As capital requirements increase, desperation ensues and operators of all sizes may be forced to move products quickly. Buyers, happy to capitalize on cheaper products, will gobble them up and convert struggling prices into the new normal. Just as Nor Cal’s black market buyers cite The Pines as a cheap source, legal distributors cite Salinas, Santa Barbara, and Desert Grows in an attempt to whittle sellers down to a few dollars a piece.

As long as there are a sufficient number of producers in the game, someone is always obligated and willing to sell to a lower number. The price contagion is real and a downward cascade ensues.

In my opinion, California has reached a point where the market no longer balances. It used to be that weed became harder to come by in early spring and summer and prices plummeted, filling the pockets of those holding flowers or having early lows. This is no longer really the case.

Year-round production is now big in Cali, and more products are coming online all the time. This fact only exacerbates desperation and forces cash-strapped farmers to sell cheaply.

After a very brief window in which prices firmed up, things seem to be coming down precipitously. We’re hearing $600-800 for bulk deposits, prepackaged books a bit better. Last year, which ended very badly for prices, books were much higher at that time.
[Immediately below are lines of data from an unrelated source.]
-- ===== src/LogFlash/Best.antt =====
-- A scan over numbered pages for the best of the valid ones.
use anbo_mos.Common.{
  ℕ, ◌+◌, ◌<◌, Bool, true, false, not, ◌&&◌, ◌||◌, ◌≡◌, ◌≢◌, refl, ap, ◌∙◌, ◌⊎◌, inl, inr,
  Bool-cases, arith, if◌then◌else◌,
}
use native.Mathlib.Decide.{dec_lt}

-- `target` is valid, and beats every other valid page.
pub record IsBest (ok : ℕ → Bool) (seq : ℕ → ℕ) (beats : ℕ → ℕ → Bool) (pages target : ℕ)
    : Type 0 where
  pub target_in : target < pages
  pub target_ok : ok target ≡ true
  pub wins : (pg : ℕ) → pg < pages → ok pg ≡ true → pg ≢ target → beats (seq target) (seq pg) ≡ true
  pub loses :
      (pg : ℕ) → pg < pages → ok pg ≡ true → pg ≢ target → beats (seq pg) (seq target) ≡ false

module _ (ok : ℕ → Bool) (seq : ℕ → ℕ) (beats : ℕ → ℕ → Bool) where
  -- What is known before the page `pg`: the best so far, `s` on the page `p`.
  pub record Tracks (target pg : ℕ) (found : Bool) (s p : ℕ) : Type 0 where
    pub held : found ≡ true → (p < pg) × (ok p ≡ true) × (s ≡ seq p)
    pub settled : target < pg → (found ≡ true) × (p ≡ target)

  abbrev pub takes : (pg : ℕ) → Bool → ℕ → Bool
  takes pg found s = ok pg && (not found || beats (seq pg) s)

  module _ {pages target : ℕ} (best : IsBest ok seq beats pages target) where
    Tracks-new :
        (pg : ℕ) (found : Bool) (s p : ℕ)
        → pg < pages
        → ok pg ≡ true
        → (found ≡ false) ⊎ (beats (seq pg) s ≡ true)
        → Tracks target pg found s p
        → Tracks target (pg + 1) true (seq pg) pg
    Tracks-new pg found s p h o new v = record {
      held = λ e. (omega arith, o, refl);
      settled = λ l. elim (dec_lt target pg) [
        | no here ↦ (refl, omega arith)
        | yes before ↦
            let (f, e) = v.settled before in
            let (_, _, same) = v.held f in
            let lost : beats (seq pg) s ≡ false =
              ap (beats (seq pg)) (same ∙ ap seq e) ∙ best.loses pg h o (omega arith) in
            elim new [ inl none_yet ↦ absurd (cc) | inr beaten ↦ absurd (cc) ]
      ];
    }

    Tracks-old :
        (pg : ℕ) (found : Bool) (s p : ℕ)
        → pg < pages
        → takes pg found s ≡ false
        → Tracks target pg found s p
        → Tracks target (pg + 1) (found || ok pg) s p
    Tracks-old pg found s p h kept v = record {
      held = λ e.
          let f : found ≡ true = ground arith in
          let (l, o, same) = v.held f in (omega arith, o, same);
      settled = λ l. elim (dec_lt target pg) [
        | yes before ↦ let (f, e) = v.settled before in (ground arith, e)
        | no here ↦
            let at_target : pg ≡ target = omega arith in
            let o : ok pg ≡ true = ap ok at_target ∙ best.target_ok in
            let f : found ≡ true = ground arith in
            let (q, op, same) = v.held f in
            let won : beats (seq pg) s ≡ true =
              ap (λ x. beats (seq x) s) at_target
              ∙ ap (beats (seq target)) same
              ∙ best.wins p (omega arith) op (omega arith) in
            absurd (ground arith)
      ];
    }

    pub Tracks-step :
        (pg : ℕ) (found : Bool) (s p : ℕ)
        → pg < pages
        → Tracks target pg found s p
        → Tracks target
            (pg + 1)
            (found || ok pg)
            (if takes pg found s then seq pg else s)
            (if takes pg found s then pg else p)
    Tracks-step pg found s p h v = elim (Bool-cases (takes pg found s)) [
      | inr kept ↦ rw kept (Tracks-old pg found s p h kept v)
      | inl new ↦
          let o : ok pg ≡ true = ground arith in
          let on : (found || ok pg) ≡ true = ground arith in
          rw (new, on)
            (Tracks-new pg found s p h o
              (elim (Bool-cases found) [
                | inr none_yet ↦ inl none_yet
                | inl some_found ↦ inr (ground arith)
              ])
              v)
    ]
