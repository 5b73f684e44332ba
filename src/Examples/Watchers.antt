-- ===== src/Examples/Watchers.antt =====
-- The watcher's theorems: one instance runs, another one wants to.
use proactive_mcp.Prelude.{
  ◌≡◌, refl, ℕ, Bool, false, none, some, List, [], ◌∷◌, All, arith, ltb, ◌==◌,
}
use proactive_mcp.Model.Daemon.{DaemonHeartbeat, running, continuous, never_run}
use proactive_mcp.Db.{Db, empty_db}
use proactive_mcp.Daemon.Lock.{
  held_by, DaemonCall, starts, beats, stops, sets_mode, after_calls, lock_after_calls, view,
}
use proactive_mcp.Daemon.Refinement.{after_calls-view}
use proactive_mcp.Daemon.Ownership.{
  IsForeign, foreign_start, foreign_beat, foreign_stop, any_mode, after_calls-foreign,
}
use proactive_mcp.Daemon.Takeover.{Agrees, takeover-Agrees}
use proactive_mcp.Daemon.Phase.{Watch, calls as called, completes}
use proactive_mcp.Daemon.Watcher.{PassReadings, run_once, run_forever}
use proactive_mcp.Daemon.Watcher.Release.{owns, run_once-owns}
use proactive_mcp.Daemon.Watcher.Totals.{Ended, run_forever-Ended}
use proactive_mcp.Fallbacks.Dispatch.{FallbackDispatch}
use proactive_mcp.Db.{Session, pure}
use proactive_mcp.Evaluation.Engine.{EngineReadings}
use proactive_mcp.Evaluation.Service.{EvaluationPass, SourceOutcome, skipped_sources, already_fresh}
use proactive_mcp.Evaluation.Service
use proactive_mcp.Sources.Consistency.{Readings}
use proactive_mcp.Examples.Data.{evidence_bytes}

abbrev heartbeat : DaemonHeartbeat
heartbeat = record {
  state = running;
  pid = 7;
  started_at = 100;
  heartbeat_at = 200;
  cycle_count = 2;
  owner_token = some "a";
  poll_interval = some 60;
  mode = some continuous;
  last_run_state = never_run;
  last_failure_phase = none;
  last_failure_code = none;
  last_failure_at = none;
  last_completed_at = none;
}

abbrev running_db : Db
running_db = record empty_db { daemon_status = some heartbeat }

abbrev calls : List DaemonCall
calls =
    starts "b" 8 (some 60) (some (λ p. p == 7)) 300
    ∷ beats "b" 310
    ∷ sets_mode "b" continuous
    ∷ stops "b" 320
    ∷ []

after_calls-view_example :
    view (after_calls calls running_db).daemon_status
    ≡ lock_after_calls calls (view running_db.daemon_status)
after_calls-view_example = after_calls-view calls running_db

calls-IsForeign : All (IsForeign (held_by "a" 7 (some 60) 200) 60) calls
calls-IsForeign = (
  foreign_start refl (omega arith) refl,
  (foreign_beat refl, (any_mode, (foreign_stop refl, tt))),
)

after_calls-foreign_example :
    view (after_calls calls running_db).daemon_status ≡ some (held_by "a" 7 (some 60) 200)
after_calls-foreign_example =
    after_calls-foreign (held_by "a" 7 (some 60) 200) 60 calls running_db refl refl calls-IsForeign

takeover-Agrees_example : Agrees "b" 8 (some 60) (some (λ p. p == 7)) 370 7 running_db
takeover-Agrees_example =
    takeover-Agrees "b" 8 (some 60) (some (λ p. p == 7)) 370 60 running_db heartbeat refl refl refl
      refl refl

abbrev source_readings : ℕ → Readings
source_readings now = record { timestamp = now; accepted_at = now; recorded_at = now }

abbrev engine_readings : ℕ → EngineReadings
engine_readings now = record {
  now = now;
  woken_at = now;
  expired_at = now;
  local_at = now;
  gmail_at = source_readings now;
  calendar_at = source_readings now;
}

abbrev fresh_sources : Session SourceOutcome
unfolding pure
fresh_sources db = pure (skipped_sources already_fresh) db

abbrev evaluate_once : Watch EvaluationPass
unfolding called Service.run_once
evaluate_once db =
    called (Service.run_once evidence_bytes 3600 (λ now d. []) fresh_sources (engine_readings 400))
      db

abbrev dispatch_at : ℕ → Watch (List FallbackDispatch)
unfolding completes
dispatch_at now db = completes [] db

abbrev pass_readings : ℕ → PassReadings
pass_readings n = record {
  started = 400;
  dispatched_at = 410;
  beat_at = 420;
  failure_at = 430;
  completed_at = 440;
  ended = 450;
}

-- The scheduler waits twice.
abbrev wait : ℕ → ℕ → Bool
wait n delay = ltb n 2

run_once-owns_example :
    owns "b"
      (run_once "b" 8 evaluate_once dispatch_at 400
        (pass_readings 0)
        460
        running_db).1.daemon_status
    ≡ false
run_once-owns_example =
    run_once-owns "b" 8 evaluate_once dispatch_at 400 (pass_readings 0) 460 running_db refl

run_forever-Ended_example :
    Ended wait 0 2
      (run_forever "b" 8 evaluate_once dispatch_at 60 pass_readings wait 3 400 460 running_db).0
run_forever-Ended_example =
    run_forever-Ended "b" 8 evaluate_once dispatch_at 60 pass_readings wait 2 (λ delay. refl) 3 400
      460 running_db (omega arith)
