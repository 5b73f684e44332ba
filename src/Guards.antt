-- ===== src/Guards.antt =====
-- The two guards between processes, each a table of at most one row.
pub mod LazySync
pub mod Evaluation
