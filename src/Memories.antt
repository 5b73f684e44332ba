-- ===== src/Memories.antt =====
-- MemoryStore of src/proactive_mcp/store/memory.py: what an agent is asked to remember, as rows that
-- may belong to an entity and carry a date. Its reads by page are left out.
pub mod Rules
pub mod Entities
pub mod Items
pub mod Unique
pub mod Changes
pub mod Keeps
pub mod Machine
pub mod Rows
pub mod Duplicates
pub mod Stored
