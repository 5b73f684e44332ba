-- ===== src/Model.antt =====
-- The records that the store's parts exchange (src/proactive_mcp/store/_situation_models.py,
-- _source_generation.py, _sync_models.py, _fallback_models.py, _daemon_models.py and
-- _memory_models.py). An instant is the number of microseconds since the first day of year 1 in UTC,
-- where the source has a datetime or its ISO text in UTC.
pub mod Situation
pub mod Source
pub mod Fallback
pub mod Daemon
pub mod Memory
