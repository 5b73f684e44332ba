-- ===== src/Situations.antt =====
-- The situation table's statements, reads and life cycle (src/proactive_mcp/store/situations.py,
-- _situation_sql.py, _situation_reader.py, _situation_upsert.py).
pub mod Statements
pub mod Reader
pub mod Lifecycle
pub mod Access
pub mod Transitions
pub mod Upsert
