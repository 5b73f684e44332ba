-- ===== src/Sources.antt =====
-- Source truth: ordered generations, synchronization state and Gmail diagnostics
-- (src/proactive_mcp/store/_source_generation.py, _sync_source_state.py, _sync_diagnostics.py,
-- sync.py), its freshness (freshness.py), and its atomic application (_situation_consistency.py).
pub mod Generations
pub mod SyncState
pub mod Freshness
pub mod Consistency
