-- ===== src/Uci/Backend/Locking.antt =====
-- The write lock after a block `with UciBackend() as backend:`, with whatever outcome.
use foris_controller.Prelude.{
  ℕ, zero, suc, String, ◌≡◌, refl, ap, ◌∙◌, Bool, true, false, arith, Option, none, some, List, [],
  ◌∷◌,
}
use foris_controller.Exceptions.{Raised, Result, ok, err}
use foris_controller.Uci.Backend.{
  Trace, Oracle, Backend, Uci, go_on, ◌>>=◌, handle_command, check_retval, cmdline_args, released,
  emit, pure, run_uci_command, run_reload_config, commit_all, commit, enter, leave, exit,
  with_backend, transaction,
}
use foris_controller.Uci.Backend.Quiet.{Stages}
use foris_controller.Uci.Backend.Transaction.{opened, held, held_staging}

-- Is the lock held in the end, by what _cleanup raised, the outcome of the body and the one of the
-- whole block?
abbrev pub is_held {ℓ} : {A : Type ℓ} → Option Raised → Result A → Result A → Bool
is_held (some e) body block = true
is_held none (err e) block = false
is_held none (ok a) (err e) = true
is_held none (ok a) (ok b) = false

-- A method that leaves the lock as it is.
record KeepsLock {ℓ} {A : Type ℓ} (m : Uci A) : Type 0 where
  at : (b : Backend) → held (m b).1.trace ≡ held b.trace

module _ (strip : String → String) (oracle : Oracle) where
  KeepsLock-bind {ℓ κ} :
      {A : Type ℓ} {B : Type κ} (m : Uci A) (f : A → Uci B)
      → KeepsLock m
      → ((a : A) → KeepsLock (f a))
      → KeepsLock (m >>= f)
  KeepsLock-bind {A = A} m f h k = record { at = λ b. by_outcome b (m b) (h.at b) }
    where
      by_outcome :
          (b : Backend) (r : Result A × Backend)
          → held r.1.trace ≡ held b.trace
          → held (go_on r f).1.trace ≡ held b.trace
      by_outcome b (ok a, c) e = (k a).at c ∙ e
      by_outcome b (err x, c) e = e

  KeepsLock-handle_command :
      (args : List String) → KeepsLock (handle_command strip oracle args none)
  unfolding handle_command
  KeepsLock-handle_command args = record { at = λ b. ground (arith, oracle b.trace args none) }

  KeepsLock-check_retval :
      (args : List String) (res : ℕ × String × String)
      → KeepsLock (check_retval strip oracle args true res)
  unfolding check_retval
  KeepsLock-check_retval args (zero, stdout, stderr) = record { at = λ b. refl }
  KeepsLock-check_retval args (suc n, stdout, stderr) = record { at = λ b. refl }

  KeepsLock-run : (args : List String) → KeepsLock (run_uci_command strip oracle args true none)
  unfolding run_uci_command handle_command check_retval
  KeepsLock-run args = record {
    at = λ b.
        (KeepsLock-bind (handle_command strip oracle (cmdline_args b.config_dir args) none)
            (check_retval strip oracle (cmdline_args b.config_dir args) true)
            (KeepsLock-handle_command (cmdline_args b.config_dir args))
            (KeepsLock-check_retval (cmdline_args b.config_dir args))).at
          b;
  }

  KeepsLock-commit_all : (cs : List String) → KeepsLock (commit_all strip oracle cs)
  unfolding commit_all
  KeepsLock-commit_all [] = record { at = λ b. refl }
  KeepsLock-commit_all (c ∷ cs) =
      KeepsLock-bind _ _ (KeepsLock-run ("commit" ∷ c ∷ []))
        (λ _. KeepsLock-bind _ _ (KeepsLock-run ("revert" ∷ c ∷ [])) (λ _. KeepsLock-commit_all cs))

  KeepsLock-run_reload_config : KeepsLock (run_reload_config strip oracle)
  unfolding run_reload_config handle_command
  KeepsLock-run_reload_config = record {
    at = λ b. ground (arith, oracle b.trace ("reload_config" ∷ []) none);
  }

  KeepsLock-reload :
      (cs : List String)
      → KeepsLock {A = Unit {0}} (elim cs [ [] ↦ pure tt | _ ∷ _ ↦ run_reload_config strip oracle ])
  KeepsLock-reload [] = record { at = λ b. refl }
  KeepsLock-reload (c ∷ cs) = KeepsLock-run_reload_config

  KeepsLock-commit : KeepsLock (commit strip oracle)
  unfolding commit
  KeepsLock-commit = record {
    at = λ b.
        (KeepsLock-bind (commit_all strip oracle b.affected_configs) _
            (KeepsLock-commit_all b.affected_configs) (λ _. KeepsLock-reload b.affected_configs)).at
          b;
  }

  module _ {ℓ} {A : Type ℓ} where
    leave-is_held :
        (a : A) (r : Result (Unit {0}) × Backend)
        → held r.1.trace ≡ true
        → held (leave strip oracle a r).1.trace ≡ is_held none (ok a) (leave strip oracle a r).0
    leave-is_held a (ok _, c) h = refl
    leave-is_held a (err e, c) h = h

    exit-is_held :
        (r : Result A) (b : Backend)
        → held b.trace ≡ true
        → held (exit strip oracle r b).1.trace ≡ is_held none r (exit strip oracle r b).0
    unfolding exit
    exit-is_held (err e) b h = refl
    exit-is_held (ok a) b h = by_configs b.affected_configs
      where
        by_configs :
            (cs : List String)
            → let left : Result A × Backend = elim cs [
              | [] ↦ (ok a, emit released b)
              | _ ∷ _ ↦ leave strip oracle a (commit strip oracle b)
            ] in
              held left.1.trace ≡ is_held none (ok a) left.0
        by_configs [] = refl
        by_configs (c ∷ cs) = leave-is_held a (commit strip oracle b) (KeepsLock-commit.at b ∙ h)

    -- A block whose body runs staging commands only leaves the write lock held exactly when _cleanup
    -- raises, or when the body returns and the block raises all the same, which is an exception of
    -- the commit; in every other case the lock is released.
    pub transaction-is_held :
        (cleanup : Option Raised) (dir : String) (body : Uci A) (t : Trace)
        → Stages body
        → held (transaction strip oracle cleanup dir body t).1
          ≡ is_held cleanup (body (opened dir t)).0 (transaction strip oracle cleanup dir body t).0
    unfolding transaction with_backend enter
    transaction-is_held (some e) dir body t h = refl
    transaction-is_held none dir body t h =
        let (new, is_new, staging, same) = h.at (opened dir t) in
        exit-is_held (body (opened dir t)).0 (body (opened dir t)).1
          (ap held is_new ∙ held_staging strip oracle new _ staging)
As the season matures and supply expands further amid inflation and the impending recession, I anticipate many growers will experience a cash crunch. With financial obligations looming, people will be forced to sell – cheaper and cheaper, I guess.

The legal cannabis industry has proven to be a real challenge. Some of the largest multistate carriers and global giants like Aurora are posting massive losses — hundreds of millions to billions a year. Investment has flooded the industry, but the influx is slowing, or at least becoming more scrupulous.

Interest rates and the cost of capital are rising and investors are getting grumpy, demanding a return on capital. I anticipate bankruptcies, takeovers and forced liquidations in the coming months. Caught in the middle of it all, there will be millions of pounds looking for a home. My guess is that prices will continue to fall – not due to a strategy of losing corporate leadership, but due to the dynamics of the industry and the economy.

Things may change, but right now it looks like tough times are brewing. I received two calls this week that troubled me even more and exemplify the case I present here, abundant product with limited distribution equates to lower prices.

The first was from an acquaintance who had “tons of depths and ins” at $400 to $800 apiece. The second was from someone looking to move many, many pounds of prepackaged one gram tubs of sauce. Both were related to the traditional market.

If the illicit market, which accounts for around 75-80% of the total cannabis market, is also struggling to get product to the market and slashing prices in May, how can we expect this year to play out on the West Coast? ?

Maybe eliminating the culture tax, as proposed for July 1, will shake things up a bit and get some more capital moving, but other than that I expect prices far exceed last year’s lows, to the point where so many traders are failing. the supply/demand equilibrium returns to a closer equilibrium point.

As in every recession or difficult period within an industry, opportunities always exist. Several well-established brands are looking to source some truly exceptional flowers and the market for full terpene extracts continues to attract attention. It’s time to get in the saddle, control costs, increase returns, perform at your best, and prepare for what seems like a wild ride.